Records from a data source
***
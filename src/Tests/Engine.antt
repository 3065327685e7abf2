-- ===== src/Tests/Engine.antt =====
-- include/execution/execution_engine.hpp: the engine on concrete inputs.
use tv_webhook_trader.Shared.{
  ◌+◌, ◌≡◌, inl, refl, ◌||◌, some, true, false, List, [], ◌∷◌, codes, lookup, text_eq, ℤ, pos,
  negsuc, leb_ℤ,
}
use tv_webhook_trader.Shared.Double.{whole, whole-IsExact}
use tv_webhook_trader.Shared.Sorter.{by_insertion}
use tv_webhook_trader.Core.Types.{OrderResponse, OrderStatus}
use tv_webhook_trader.Webhook.Signal.{WebhookSignal, SignalType, blank_signal}
use tv_webhook_trader.Risk.Position.{ManagedPosition}
use tv_webhook_trader.Risk.Orders.{RiskManager}
use tv_webhook_trader.Risk.Portfolio.{set_shadow_mode}
use tv_webhook_trader.Execution.Positions.Exchange.{ExchangePos}
use tv_webhook_trader.Execution.Positions.Single.{holds, IsSingle}
use tv_webhook_trader.Execution.Engine.{Engine, EngineConfig, Moment, SpotAccount}
use tv_webhook_trader.Execution.Engine.Closing.{WsPositionUpdate}
use tv_webhook_trader.Execution.Engine.Spot.{sell_spot}
use tv_webhook_trader.Execution.Engine.Signals.{
  Call, signal, ws_position, reset, rescore, check, drops, imports, syncs, balances, ws_account,
  run, process_signal,
}
use tv_webhook_trader.Execution.Engine.Counting.{outcomes, process_signal-outcomes}
use tv_webhook_trader.Execution.Engine.Single.{run-IsSingle}
use tv_webhook_trader.Execution.Engine.Breakers.{IsOff, run-IsOff}
use tv_webhook_trader.Execution.Engine.Taken.{IsTaken, NoneOpens, run-NoneOpens}
use tv_webhook_trader.Execution.Engine.Accounts.{IsSold, sell_spot-balance}
use tv_webhook_trader.Tests.AutoLive.{trackers, goes_live, fees, aims}
use tv_webhook_trader.Tests.Execution.{account, trade}
use tv_webhook_trader.Tests.Readiness.{settings}
use tv_webhook_trader.Tests.Risk.{manager, soon}
use tv_webhook_trader.Tests.Scorer.{scorer}
use tv_webhook_trader.Tests.Sizing.{sizer}

abbrev pub config : EngineConfig ℤ
config = record {
  default_leverage = pos 10;
  backup_sl_pct = pos 0;
  allowed_symbols = [];
  tf_filters = [];
  fee = fees;
  sizer = sizer;
}

abbrev accepted : OrderResponse ℤ
accepted = record {
  client_order_id = 1;
  exchange_order_id = 9;
  status = OrderStatus.new;
  filled_price = pos 100;
  filled_qty = pos 1;
  updated_at = 5;
  error_code = pos 0;
  error_msg = codes "";
}

abbrev pub moment : Moment ℤ
moment = record {
  has_lock = true;
  time = codes "now";
  now_ns = 1000;
  now_ms = 1;
  clock = soon;
  learn = record {
    allowed = true;
    signal_quality = pos 1;
    size_multiplier = pos 1;
    tp_pct = pos 1;
    sl_pct = pos 1;
    skip_reason = codes "";
  };
  place_futures_order = λ request tp sl attempt. accepted;
  close_partial = λ symbol qty side attempt. accepted;
  flash_close_position = λ symbol side attempt. true;
}

abbrev long_btc : ManagedPosition ℤ
long_btc = record {
  symbol = codes "BTCUSDT";
  timeframe = codes "60";
  side = codes "long";
  entry_price = pos 100;
  quantity = pos 2;
  leverage = pos 10;
  sl_price = pos 90;
  tp1_price = pos 130;
  tier = codes "B";
  strategy = codes "sfx";
  opened_at = 0;
  is_real = true;
  exchange = codes "bitget";
  market_type = codes "futures";
}

-- The order manager counts a position of BTCUSDT and allows one for each symbol.
abbrev counting : RiskManager ℤ
counting = record manager { limits = record manager.limits { max_position_per_symbol = pos 1 } }

abbrev kept : SpotAccount ℤ
kept = record { balance = pos 1000000; peak_balance = pos 1000000; positions = []; trades = [] }

abbrev pub engine : Engine ℤ
engine = record {
  auto = record goes_live { port_risk = record goes_live.port_risk { cb_active = false } };
  trackers = trackers;
  scorer = scorer;
  positions = (codes "BTCUSDT_60_7", long_btc) ∷ [];
  recorder = account;
  risk = counting;
  alerts = [];
  recent_fingerprints = [];
  next_oid = 8;
  orders_executed = 1;
  orders_rejected = 0;
  orders_skipped = 0;
  risk_skips = 0;
  spot_account = kept;
}

abbrev pub enters : WebhookSignal ℤ
enters = record aims { sig_type = SignalType.entry; trade_side = codes "open" }

abbrev pub stops : WebhookSignal ℤ
stops = record aims { sig_type = SignalType.sl; signal_direction = codes "bull" }

abbrev pub gone : WsPositionUpdate ℤ
gone = record {
  symbol = codes "BTCUSDT";
  hold_side = codes "long";
  size = pos 0;
  avg_price = pos 80;
  realized_pnl = negsuc 39;
}

abbrev calls : List (Call ℤ)
calls =
    signal moment 1 stops
    ∷ ws_position moment gone
    ∷ ws_account (record { available = pos 90; equity = pos 95 })
    ∷ balances (pos 80) (pos 85) (pos 5)
    ∷ reset 90000000000000
    ∷ rescore 1 (codes "now")
    ∷ check settings
    ∷ drops (codes "BTCUSDT") (codes "long")
    ∷ imports 1 (codes "now") (trade (pos 3) ∷ [])
    ∷ signal moment 2 enters
    ∷ []

-- The exchange turns out to hold BTCUSDT on the short side.
abbrev short_btc : ExchangePos ℤ
short_btc = record {
  symbol = codes "BTCUSDT";
  hold_side = codes "short";
  total = pos 2;
  avg_price = pos 100;
  leverage = pos 10;
}

abbrev synced_calls : List (Call ℤ)
synced_calls = syncs 1 ((codes "BTCUSDT:short", short_btc) ∷ []) ∷ calls

futures_only : text_eq (codes "futures") (codes "spot") ≡ false
unfolding text_eq
futures_only = refl

process_signal-outcomes_example :
    outcomes (process_signal config moment 2 enters engine).0 ≡ outcomes engine + 1
unfolding blank_signal
process_signal-outcomes_example =
    process_signal-outcomes config moment 2 enters engine (inl refl) futures_only

sided : (text_eq (codes "long") (codes "long") || text_eq (codes "long") (codes "short")) ≡ true
unfolding text_eq
sided = refl

engine-IsSingle : IsSingle engine.positions
unfolding holds
engine-IsSingle = (sided, refl, tt)

run-IsSingle_example : IsSingle (run config calls engine).0.positions
run-IsSingle_example =
    run-IsSingle config calls engine (tt, (tt, (tt, (tt, (tt, (tt, (tt, (tt, (tt, (tt, tt))))))))))
      engine-IsSingle

engine-IsOff : IsOff engine
unfolding set_shadow_mode
engine-IsOff = (refl, refl)

run-IsOff_example : IsOff (run config synced_calls engine).0
run-IsOff_example = run-IsOff config synced_calls engine engine-IsOff

found :
    lookup (codes "BTCUSDT") counting.positions
    ≡ some (record { count = pos 2; total_qty = pos 4; side = codes "long" })
unfolding lookup text_eq
found = refl

counted : leb_ℤ (pos 1) (pos 2) ≡ true
unfolding leb_ℤ
counted = refl

counting-IsTaken : IsTaken (pos 1) (codes "BTCUSDT") counting
counting-IsTaken = record {
  info = record { count = pos 2; total_qty = pos 4; side = codes "long" };
  found = found;
  counted = counted;
  limited = refl;
}

run-NoneOpens_example : NoneOpens (pos 1) (codes "BTCUSDT") (run config synced_calls engine).1
run-NoneOpens_example =
    run-NoneOpens (pos 1) (codes "BTCUSDT") (λ n h. h) config synced_calls engine counting-IsTaken

sell_spot-balance_example :
    IsSold long_btc
      (pos 120)
      (pos 2)
      kept
      (sell_spot (codes "SPOT_SL") enters long_btc (pos 120) (pos 2) kept)
sell_spot-balance_example =
    sell_spot-balance whole-IsExact (codes "SPOT_SL") enters long_btc (pos 120) (pos 2) kept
***
What is needed is the number of lines in the entries that contain the word "rescore", written alone.

§ Solution to this problem: 2